Martha Collins (poet)
Martha Collins (born 1940) is a poet, translator, and editor. She has published eleven books of poetry, including Casualty Reports (Pitt Poetry Series, 2022), Because What Else Could I Do (Pitt Poetry Series, 2019), Night Unto Night (Milkweed, 2018), Admit One: An American Scrapbook (Pitt Poetry Series, 2016), Day Unto Day (Milkweed, 2014), White Papers (Pitt Poetry Series, 2012), and Blue Front (Graywolf, 2006), as well as two chapbooks and four books of co-translations from the Vietnamese. She has also co-edited, with Kevin Prufer and Martin Rock, a volume of poems by Catherine Breese Davis, accompanied by essays and an interview about the poet’s life and work.[1]
Life
[edit]Martha Collins was born in Omaha, Nebraska, and raised in Des Moines, Iowa. She graduated from Stanford University with a B.A., and the University of Iowa with an M.A. and a Ph.D. She taught at University of Massachusetts Boston, where she founded the Creative Writing Program in 1979; beginning in 1997, she was the Pauline Delaney Professor of Creative Writing at Oberlin College for ten years. In spring 2010, she served as Distinguished Visiting Writer at Cornell University, and in spring 2013 was Visiting Fannie Hurst Professor of Creative Literature at Washington University in St. Louis.[2] She served as editor-at-large for FIELD magazine and one of the editors of the Oberlin College Press,[3] as well as a contributing editor to Consequence Magazine and Copper Nickel.
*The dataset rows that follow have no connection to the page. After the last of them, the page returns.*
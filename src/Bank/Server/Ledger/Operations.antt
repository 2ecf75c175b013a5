-- ===== src/Bank/Server/Ledger/Operations.antt =====
-- bank.c: each operation of the server is a step of the ledger.
use native.Mathlib.Decide.{dec_lt}
use projects_in_c.Base.{
  ℕ, ◌≤◌, ◌<◌, ◌≡◌, ◌≢◌, ◌⊎◌, inl, inr, refl, List, [], ◌∷◌, Option, some, ltb, if◌then◌else◌,
  get_elem?, set, length, length-set, arith, Bool-cases,
}
use projects_in_c.Base.Words.{add, sub, slt, sge, word}
use projects_in_c.Bank.Command.{
  Command, Parts, message_size, cmd_connect, cmd_exit, cmd_deposit, cmd_withdraw, cmd_transfer,
  cmd_balance, msg_ok, msg_nofunds, msg_accunkn,
}
use projects_in_c.Bank.Errors.{success, err_pipe_write_err}
use projects_in_c.Bank.Server.{
  Bank, check_pipe_write, check_valid_account, reply, deposit, withdraw, transfer, balance,
}
use projects_in_c.Bank.Server.Checks.{IsOpen, check_valid_account-yes, check_valid_account-no}
use projects_in_c.Bank.Server.Ledger.{
  Step, deposited, withdrawn, transferred, no_funds, no_target, no_source, no_account, told,
  AreWords, Answered,
}

-- The status that the result of a `write` stands for.
abbrev pub write_status : ℕ → ℕ
write_status wrote =
    if slt wrote 0
    then err_pipe_write_err
    else (if ltb wrote message_size then err_pipe_write_err else success)

get-some : (xs : List ℕ) (i : ℕ) → i < length xs → (x : ℕ) × (get_elem? xs i ≡ some x)
get-some [] i h = absurd (omega arith)
get-some (x ∷ xs) ℕ.zero h = (x, refl)
get-some (x ∷ xs) (ℕ.suc i) h = get-some xs i (omega arith)

-- The outcome of an operation: a reply was sent, and the accounts are those of a ledger step.
abbrev pub Done : (wrote : ℕ) → Parts → Bank → Option (ℕ × Bank) → Type 0
Done wrote p b o =
    (b' : Bank) × (m : Command) × (o ≡ some (write_status wrote, b'))
    × Answered b b' p.i b'.accounts m
    × Step b.account_count p b.accounts b'.accounts m

reply_lem :
    (wrote i : ℕ) (m : Command) (b₀ b : Bank)
    → b.account_count ≡ b₀.account_count
    → b.atm_count ≡ b₀.atm_count
    → b.outbox ≡ b₀.outbox
    → let (r, b') = reply wrote i m b in
      (r ≡ write_status wrote) × (b'.accounts ≡ b.accounts) × Answered b₀ b' i b'.accounts m
unfolding reply check_pipe_write
reply_lem wrote i m b₀ b e₁ e₂ e₃ = ground arith

-- An operation that ends with a reply from the bank `b₁`, whose accounts are those of a step.
pub finish :
    (wrote : ℕ) (p : Parts) (b b₁ : Bank) (m : Command) (o : Option (ℕ × Bank))
    → b₁.account_count ≡ b.account_count
    → b₁.atm_count ≡ b.atm_count
    → b₁.outbox ≡ b.outbox
    → o ≡ some (reply wrote p.i m b₁)
    → Step b.account_count p b.accounts b₁.accounts m
    → Done wrote p b o
finish wrote p b b₁ m o e₁ e₂ e₃ e step =
    let (r, acc, ans) = reply_lem wrote p.i m b b₁ e₁ e₂ e₃ in
    ((reply wrote p.i m b₁).1, m, ground (arith, e, r), ans, rw acc step)

module _ (wrote : ℕ) (p : Parts) (b : Bank) (open_b : IsOpen b) (w : AreWords p) where
  pub account : (x : ℕ) → x < b.account_count → (v : ℕ) × (get_elem? b.accounts x ≡ some v)
  account x h = get-some b.accounts x (omega (arith, open_b.size))

  pub known : (x : ℕ) → x < word → x < b.account_count → check_valid_account x b ≡ (success, b)
  known x hx h = check_valid_account-yes b x hx open_b.accounts_fit h

  -- An account is unknown: the reply says so, and no account changes.
  refuse :
      (x y : ℕ) (o : Option (ℕ × Bank))
      → x < word
      → b.account_count ≤ x
      → ((check_valid_account x b).0 ≢ success
          → o ≡ some (reply wrote p.i (msg_accunkn 0 y) (check_valid_account x b).1))
      → ((ys : List ℕ) → ys ≡ b.accounts → Step b.account_count p b.accounts ys (msg_accunkn 0 y))
      → Done wrote p b o
  refuse x y o hx h e step =
      let (c, same) = check_valid_account-no b x hx open_b.accounts_fit h in
      finish wrote p b (check_valid_account x b).1 (msg_accunkn 0 y) o same.account_count
        same.atm_count same.outbox (e (ground (arith, c))) (step _ same.accounts)

  pub deposit-Done : p.c ≡ cmd_deposit → Done wrote p b (deposit wrote p b)
  unfolding deposit
  deposit-Done e = elim (dec_lt p.t b.account_count) [
    | yes h ↦
        let (x, ex) = account p.t h in
        finish wrote p b (record b { accounts = set b.accounts p.t (add x p.a) })
          (msg_ok 0 p.f p.t p.a) _ refl refl refl (rw (known p.t w.t h, ex))
          (deposited x e h ex refl refl)
    | no h ↦
        refuse p.t p.t _ w.t (omega arith) (λ bad. ground arith)
          (λ ys same. no_target (inl e) (omega arith) same refl)
  ]

  pub withdraw-Done : p.c ≡ cmd_withdraw → Done wrote p b (withdraw wrote p b)
  unfolding withdraw sge
  withdraw-Done e = elim (dec_lt p.f b.account_count) [
    | yes h ↦
        let (x, ex) = account p.f h in
        elim (Bool-cases (slt x p.a)) [
          | inl poor ↦
              finish wrote p b b (msg_nofunds 0 p.f p.a) _ refl refl refl
                (rw (known p.f w.f h, ex, poor)) (no_funds x (inl e) h ex poor refl refl)
          | inr rich ↦
              finish wrote p b (record b { accounts = set b.accounts p.f (sub x p.a) })
                (msg_ok 0 p.f p.t p.a) _ refl refl refl (rw (known p.f w.f h, ex, rich))
                (withdrawn x e h ex rich refl refl)
        ]
    | no h ↦
        refuse p.f p.t _ w.f (omega arith) (λ bad. ground arith)
          (λ ys same. no_account (inl e) (omega arith) same refl)
  ]

  transfer_known :
      p.c ≡ cmd_transfer
      → p.f < b.account_count
      → p.t < b.account_count
      → Done wrote p b (transfer wrote p b)
  unfolding transfer
  transfer_known e hf ht =
      let (x, ex) = account p.f hf in
      let after = set b.accounts p.f (sub x p.a) in
      let (y, ey) =
        get-some after p.t (omega (arith, open_b.size, length-set b.accounts p.f (sub x p.a))) in
      elim (Bool-cases (slt x p.a)) [
        | inl poor ↦
            finish wrote p b b (msg_nofunds 0 p.f p.a) _ refl refl refl
              (rw (known p.f w.f hf, known p.t w.t ht, ex, poor))
              (no_funds x (inr (e, ht)) hf ex poor refl refl)
        | inr rich ↦
            finish wrote p b (record b { accounts = set after p.t (add y p.a) })
              (msg_ok 0 p.f p.t p.a) _ refl refl refl
              (rw (known p.f w.f hf, known p.t w.t ht, ex, rich, ey))
              (transferred x y e hf ht ex rich ey refl refl)
      ]

  pub transfer-Done : p.c ≡ cmd_transfer → Done wrote p b (transfer wrote p b)
  unfolding transfer
  transfer-Done e = elim (dec_lt p.f b.account_count) [
    | no h ↦
        refuse p.f p.f _ w.f (omega arith) (λ bad. ground arith)
          (λ ys same. no_source e (omega arith) same refl)
    | yes hf ↦ elim (dec_lt p.t b.account_count) [
      | yes ht ↦ transfer_known e hf ht
      | no h ↦
          refuse p.t p.t _ w.t (omega arith) (λ bad. ground (arith, known p.f w.f hf))
            (λ ys same. no_target (inr (e, hf)) (omega arith) same refl)
    ]
  ]

  -- The account that is read is the one with the number of the ATM.
  pub balance-Done :
      p.c ≡ cmd_balance
      → (p.f < b.account_count → p.i < b.account_count)
      → Done wrote p b (balance wrote p b)
  unfolding balance
  balance-Done e hi = elim (dec_lt p.f b.account_count) [
    | yes h ↦
        let (x, ex) = account p.i (hi h) in
        finish wrote p b b (msg_ok 0 p.f p.t x) _ refl refl refl (rw (known p.f w.f h, ex))
          (told x e h ex refl refl)
    | no h ↦
        refuse p.f p.t _ w.f (omega arith) (λ bad. ground arith)
          (λ ys same. no_account (inr e) (omega arith) same refl)
  ]

-- The command bytes that the server knows.
abbrev pub IsKnown : ℕ → Type 0
IsKnown c =
    (c ≡ cmd_connect)
    ⊎ (c ≡ cmd_exit)
    ⊎ (c ≡ cmd_deposit)
    ⊎ (c ≡ cmd_withdraw)
    ⊎ (c ≡ cmd_transfer)
    ⊎ (c ≡ cmd_balance)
In 1993 Collins began teaching in the summer workshop of the William Joiner Institute for the Study of War and Social Consequences where she met several writers from Vietnam, including poet Nguyen Quang Thieu. The next year she studied Vietnamese, and in 1998 published her co-translations of Nguyen Quang Thieu’s poems.[4] Since then she has published three more co-translated volumes of Vietnamese poetry.
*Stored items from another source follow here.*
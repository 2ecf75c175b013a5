-- ===== src/Bank/Server/Ledger/Steps.antt =====
-- bank.c: every message of a known kind from a known ATM is one transaction of the ledger.

use projects_in_c.Base.{
  ℕ, ◌≤◌, ◌<◌, ◌≡◌, ◌⊎◌, inl, inr, refl, Option, some, ◌==◌, if◌then◌else◌, arith,
}
use projects_in_c.Base.Words.{sub}
use projects_in_c.Bank.Command.{
  Command, Parts, cmd_unpack, cmd_connect, cmd_exit, cmd_balance, msg_ok,
}
use projects_in_c.Bank.Errors.{err_unknown_atm}
use projects_in_c.Bank.Server.{Bank, reply, dispatch, bank, check_valid_atm}
use projects_in_c.Bank.Server.Checks.{IsOpen, SameBut, check_valid_atm-yes, check_valid_atm-no}
use projects_in_c.Bank.Server.Ledger.{Step, greeted, AreWords, Answered}
use projects_in_c.Bank.Server.Ledger.Operations.{
  Done, IsKnown, balance-Done, deposit-Done, finish, known, transfer-Done, withdraw-Done,
  write_status,
}

-- `*atm_cnt` after a message: an ATM that exits is no longer active.
abbrev pub active : Parts → ℕ → ℕ
active p n = if p.c == cmd_exit then sub n 1 else n

module _ (wrote : ℕ) (p : Parts) (b : Bank) (n : ℕ) (open_b : IsOpen b) (w : AreWords p) where
  -- The outcome of `dispatch` and of `bank`.
  abbrev pub Transacted : Option (ℕ × Bank × ℕ) → Type 0
  Transacted o =
      (b' : Bank) × (m : Command) × (o ≡ some (write_status wrote, b', active p n))
      × Answered b b' p.i b'.accounts m
      × Step b.account_count p b.accounts b'.accounts m

  lift :
      (o : Option (ℕ × Bank)) (o' : Option (ℕ × Bank × ℕ))
      → Done wrote p b o
      → ((r : ℕ) (b' : Bank) → o ≡ some (r, b') → o' ≡ some (r, b', active p n))
      → Transacted o'
  lift o o' (b', m, e, ans, step) h = (b', m, h _ b' e, ans, step)

  greet :
      (p.c ≡ cmd_connect) ⊎ (p.c ≡ cmd_exit)
      → Done wrote p b (some (reply wrote p.i (msg_ok 0 p.f p.t p.a) b))
  greet e = finish wrote p b b (msg_ok 0 p.f p.t p.a) _ refl refl refl refl (greeted e refl refl)

  pub dispatch-Transacted :
      IsKnown p.c
      → (p.c ≡ cmd_balance → p.f < b.account_count → p.i < b.account_count)
      → Transacted (dispatch wrote p b n)
  unfolding dispatch
  dispatch-Transacted (inl e) hi = lift _ _ (greet (inl e)) (λ r b' h. ground arith)
  dispatch-Transacted (inr (inl e)) hi = lift _ _ (greet (inr e)) (λ r b' h. ground arith)
  dispatch-Transacted (inr (inr (inl e))) hi =
      lift _ _ (deposit-Done wrote p b open_b w e) (λ r b' h. rw h (ground arith))
  dispatch-Transacted (inr (inr (inr (inl e)))) hi =
      lift _ _ (withdraw-Done wrote p b open_b w e) (λ r b' h. rw h (ground arith))
  dispatch-Transacted (inr (inr (inr (inr (inl e))))) hi =
      lift _ _ (transfer-Done wrote p b open_b w e) (λ r b' h. rw h (ground arith))
  dispatch-Transacted (inr (inr (inr (inr (inr e))))) hi =
      lift _ _ (balance-Done wrote p b open_b w e (hi e)) (λ r b' h. rw h (ground arith))

module _ (wrote : ℕ) (cmd : Command) (b : Bank) (n : ℕ) (open_b : IsOpen b)
    (w : AreWords (cmd_unpack cmd)) where
  -- At an open bank, a message of a known kind from a known ATM is one transaction of the ledger,
  -- with one reply to that ATM and no other message, whose result is that of the write. (A
  -- question for a balance is answered with the account numbered as the ATM, which must exist.)
  pub bank-Transacted :
      (cmd_unpack cmd).i < b.atm_count
      → IsKnown (cmd_unpack cmd).c
      → ((cmd_unpack cmd).c ≡ cmd_balance
          → (cmd_unpack cmd).f < b.account_count
          → (cmd_unpack cmd).i < b.account_count)
      → Transacted wrote (cmd_unpack cmd) b n open_b w (bank wrote cmd b n)
  unfolding bank
  bank-Transacted atm known hi =
      rw (check_valid_atm-yes b (cmd_unpack cmd).i w.i open_b.atms_fit atm)
        (dispatch-Transacted wrote (cmd_unpack cmd) b n open_b w known hi)

  -- At an open bank, a message from an unknown ATM changes nothing but the last error, gets no
  -- reply, and is answered with the status for an unknown ATM.
  pub bank-unknown_atm :
      b.atm_count ≤ (cmd_unpack cmd).i
      → (b' : Bank) × (bank wrote cmd b n ≡ some (err_unknown_atm, b', n)) × SameBut b b'
  unfolding bank
  bank-unknown_atm atm =
      let (c, same) = check_valid_atm-no b (cmd_unpack cmd).i w.i open_b.atms_fit atm in
      ((check_valid_atm (cmd_unpack cmd).i b).1, ground (arith, c), same)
She was a featured faculty member at the 2018 Poetry Seminar at The Frost Place in Franconia, NH.
Poetry
[edit]Known in her first few books for somewhat formal lyrical poems that occasionally referenced larger issues such as homelessness and war, Collins learned from an exhibit of lynching postcards in 2000 that the hanging her father said he had witnessed as a child was actually a lynching of an African American man, attended by 10,000 people in Cairo, Illinois. In 2005 Collins published Blue Front, a book-length poem that involved research and focused on the event, and in 2012 she explored issues of race from both personal and historical perspectives in White Papers.[5] Her latest book, Admit One: An American Scrapbook, addresses racism, eugenics, immigration and other issues, focusing on the early twentieth-century eugenics movement.[6]
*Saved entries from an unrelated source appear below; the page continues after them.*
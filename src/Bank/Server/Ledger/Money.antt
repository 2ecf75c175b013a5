-- ===== src/Bank/Server/Ledger/Money.antt =====
-- What a transaction of the ledger does to the money: nothing is lost, no other account moves, and
-- no account is overdrawn.
use projects_in_c.Base.{
  ℕ, zero, suc, ◌+◌, ◌%◌, ◌≤◌, ◌<◌, ◌≡◌, ◌≢◌, sym, ◌∙◌, List, [], ◌∷◌, some, false, ◌&&◌, ◌==◌,
  if◌then◌else◌, get_elem?, set, get_elem?-set_ne, arith,
}
use projects_in_c.Base.Words.{add, sub, slt, word, int_sign, IsNat}
use projects_in_c.Bank.Command.{Command, Parts, cmd_ok, cmd_pack, cmd_deposit, cmd_withdraw}
use projects_in_c.Bank.Server.Ledger.{
  Step, greeted, deposited, withdrawn, transferred, no_funds, no_target, no_source, no_account,
  told,
}

abbrev pub sum : List ℕ → ℕ
sum [] = 0
sum (x ∷ xs) = x + sum xs

-- Every balance satisfies `x < n`.
abbrev pub AllBelow : ℕ → List ℕ → Type 0
AllBelow n [] = Unit
AllBelow n (x ∷ xs) = (x < n) × AllBelow n xs

-- What a transaction that is answered by OK brings in, and takes out.
abbrev pub paid_in : Parts → Command → ℕ
paid_in p m = if p.c == cmd_deposit && m.cmd == cmd_ok then p.a else 0

abbrev pub paid_out : Parts → Command → ℕ
paid_out p m = if p.c == cmd_withdraw && m.cmd == cmd_ok then p.a else 0

sum-set : (xs : List ℕ) (i x v : ℕ) → get_elem? xs i ≡ some x → sum (set xs i v) + x ≡ sum xs + v
sum-set [] i x v e = cc
sum-set (y ∷ ys) zero x v e = ground arith
sum-set (y ∷ ys) (suc i) x v e = omega (arith, sum-set ys i x v e)

AllBelow-get : (n : ℕ) (xs : List ℕ) (i x : ℕ) → AllBelow n xs → get_elem? xs i ≡ some x → x < n
AllBelow-get n [] i x h e = cc
AllBelow-get n (y ∷ ys) zero x h e = ground arith
AllBelow-get n (y ∷ ys) (suc i) x h e = AllBelow-get n ys i x h.1 e

AllBelow-set : (n : ℕ) (xs : List ℕ) (i v : ℕ) → AllBelow n xs → v < n → AllBelow n (set xs i v)
AllBelow-set n [] i v h l = tt
AllBelow-set n (y ∷ ys) zero v h l = (l, h.1)
AllBelow-set n (y ∷ ys) (suc i) v h l = (h.0, AllBelow-set n ys i v h.1 l)

get-le-sum : (xs : List ℕ) (i x : ℕ) → get_elem? xs i ≡ some x → x ≤ sum xs
get-le-sum [] i x e = cc
get-le-sum (y ∷ ys) zero x e = ground arith
get-le-sum (y ∷ ys) (suc i) x e = omega (arith, get-le-sum ys i x e)

wrap_add : (s s' x a : ℕ) → s' + x ≡ s + add x a → s' % word ≡ (s + a) % word
unfolding add
wrap_add s s' x a e = omega arith

wrap_sub : (s s' x a : ℕ) → a < word → s' + x ≡ s + sub x a → (s' + a) % word ≡ s % word
unfolding sub
wrap_sub s s' x a ha e = omega arith

add-nat : (x a : ℕ) → x + a < int_sign → add x a < int_sign
unfolding add
add-nat x a h = omega arith

-- What may be withdrawn is there.
sub-nat :
    (x a : ℕ)
    → x < int_sign
    → a < int_sign
    → slt x a ≡ false
    → (sub x a < int_sign) × (sub x a + a ≡ x)
unfolding sub slt
sub-nat x a hx ha rich = ground arith

module _ {n : ℕ} {p : Parts} {xs ys : List ℕ} {m : Command} where
  -- The sum of the balances, as a word, changes by what is paid in and out; a transfer keeps it.
  pub Step-sum :
      p.a < word → Step n p xs ys m → (sum ys + paid_out p m) % word ≡ (sum xs + paid_in p m) % word
  unfolding cmd_pack
  Step-sum ha (greeted k e em) = ground arith
  Step-sum ha (deposited x k h ex e em) =
      ground (arith, wrap_add (sum xs) (sum ys) x p.a, sum-set xs p.t x (add x p.a) ex)
  Step-sum ha (withdrawn x k h ex rich e em) =
      ground (arith, wrap_sub (sum xs) (sum ys) x p.a ha, sum-set xs p.f x (sub x p.a) ex)
  Step-sum ha (transferred x y k hf ht ex rich ey e em) =
      let mid = set xs p.f (sub x p.a) in
      let one = wrap_sub (sum xs) (sum mid) x p.a ha (sum-set xs p.f x (sub x p.a) ex) in
      let two =
        wrap_add (sum mid) (sum (set mid p.t (add y p.a))) y p.a
          (sum-set mid p.t y (add y p.a) ey) in
      rw (e, em, k) (ground (arith, one, two))
  Step-sum ha (no_funds x k h ex poor e em) = ground arith
  Step-sum ha (no_target k h e em) = ground arith
  Step-sum ha (no_source k h e em) = ground arith
  Step-sum ha (no_account k h e em) = ground arith
  Step-sum ha (told x k h ex e em) = ground arith

  -- Only the accounts that a message names can change.
  pub Step-frame : (j : ℕ) → j ≢ p.f → j ≢ p.t → Step n p xs ys m → get_elem? ys j ≡ get_elem? xs j
  Step-frame j jf jt (greeted k e em) = cc
  Step-frame j jf jt (deposited x k h ex e em) =
      rw e (get_elem?-set_ne xs (add x p.a) (λ s. jt (sym s)))
  Step-frame j jf jt (withdrawn x k h ex rich e em) =
      rw e (get_elem?-set_ne xs (sub x p.a) (λ s. jf (sym s)))
  Step-frame j jf jt (transferred x y k hf ht ex rich ey e em) = rw e (
      get_elem?-set_ne (set xs p.f (sub x p.a)) (add y p.a) (λ s. jt (sym s))
      ∙ get_elem?-set_ne xs (sub x p.a) (λ s. jf (sym s)))
  Step-frame j jf jt (no_funds x k h ex poor e em) = cc
  Step-frame j jf jt (no_target k h e em) = cc
  Step-frame j jf jt (no_source k h e em) = cc
  Step-frame j jf jt (no_account k h e em) = cc
  Step-frame j jf jt (told x k h ex e em) = cc

  -- Where no balance and no amount is negative, and the money together with the amount fits an
  -- `int`, no transaction makes a balance negative.
  pub Step-no_overdraft :
      AllBelow int_sign xs
      → IsNat p.a
      → sum xs + p.a < int_sign
      → Step n p xs ys m
      → AllBelow int_sign ys
  Step-no_overdraft hx ha fits (greeted k e em) = rw e hx
  Step-no_overdraft hx ha fits (deposited x k h ex e em) = rw e (
      AllBelow-set int_sign xs p.t (add x p.a) hx
        (add-nat x p.a (omega (arith, get-le-sum xs p.t x ex))))
  Step-no_overdraft hx ha fits (withdrawn x k h ex rich e em) = rw e (
      AllBelow-set int_sign xs p.f (sub x p.a) hx
        (sub-nat x p.a (AllBelow-get int_sign xs p.f x hx ex) ha rich).0)
  Step-no_overdraft hx ha fits (transferred x y k hf ht ex rich ey e em) =
      let mid = set xs p.f (sub x p.a) in
      let (small, less) = sub-nat x p.a (AllBelow-get int_sign xs p.f x hx ex) ha rich in
      let hm = AllBelow-set int_sign xs p.f (sub x p.a) hx small in
      rw e (
        AllBelow-set int_sign mid p.t (add y p.a) hm
          (add-nat y p.a (omega (arith, get-le-sum mid p.t y ey, sum-set xs p.f x (sub x p.a) ex))))
  Step-no_overdraft hx ha fits (no_funds x k h ex poor e em) = rw e hx
  Step-no_overdraft hx ha fits (no_target k h e em) = rw e hx
  Step-no_overdraft hx ha fits (no_source k h e em) = rw e hx
  Step-no_overdraft hx ha fits (no_account k h e em) = rw e hx
  Step-no_overdraft hx ha fits (told x k h ex e em) = rw e hx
Cynthia Hogue has described Collins as “a dazzling poet whose poetry is poised at the juncture between the lyric and ethics [and who] has addressed some of the most traumatic social issues of the twentieth century . . . in supple and complex poems. Those who have followed Collins’ books have long since realized that no subject is off limits for her piercing intellect."[7]
Awards
[edit]- William Carlos Williams Award, Poetry Society of America, 2020
- Lannan Foundation Residency Grant, 2020
- Fellow, Women's International Study Center, 2018
- Best American Poetry 2013
- Ohioana Poetry Award, 2013, 2007
- Visiting Artist, Siena Art Institute, 2013
- Honorary Doctoral Degree, Cleveland State University, 2008
- Anisfield-Wolf Book Award (2007) for Blue Front
- 25 Books to Remember, New York Public Library, 2006
- Laurence Goldstein Poetry Prize, Michigan Quarterly Review, 2005
- Lannan Foundation Residency Grant, 2003
- Witter Bynner / Santa Fe Art Institute Grant, 2001
- American Literary Translators Association Finalist Award, 1998
- Pushcart Prize, 1998, 1996, 1985
- Gordon Barber Memorial Award, Poetry Society of America, 1992
- National Endowment for the Arts Fellowship, 1990
- Peregrine Smith Poetry Competition for The Arrangement of Space, 1990
- Alice Fay Di Castagnola Award, Poetry Society of America, 1990
- Ingram Merrill Foundation Fellowship, 1988
- Breadloaf Fellowship, 1985
- Mary Carolyn Davies Memorial Award, Poetry Society of America, 1985
- Bunting Institute Fellowship, Radcliffe College, 1982–83
- National Endowment for the Humanities Fellowship, 1977–78
Works
[edit]Poetry
[edit]- Casualty Reports (Pitt Poetry, 2022)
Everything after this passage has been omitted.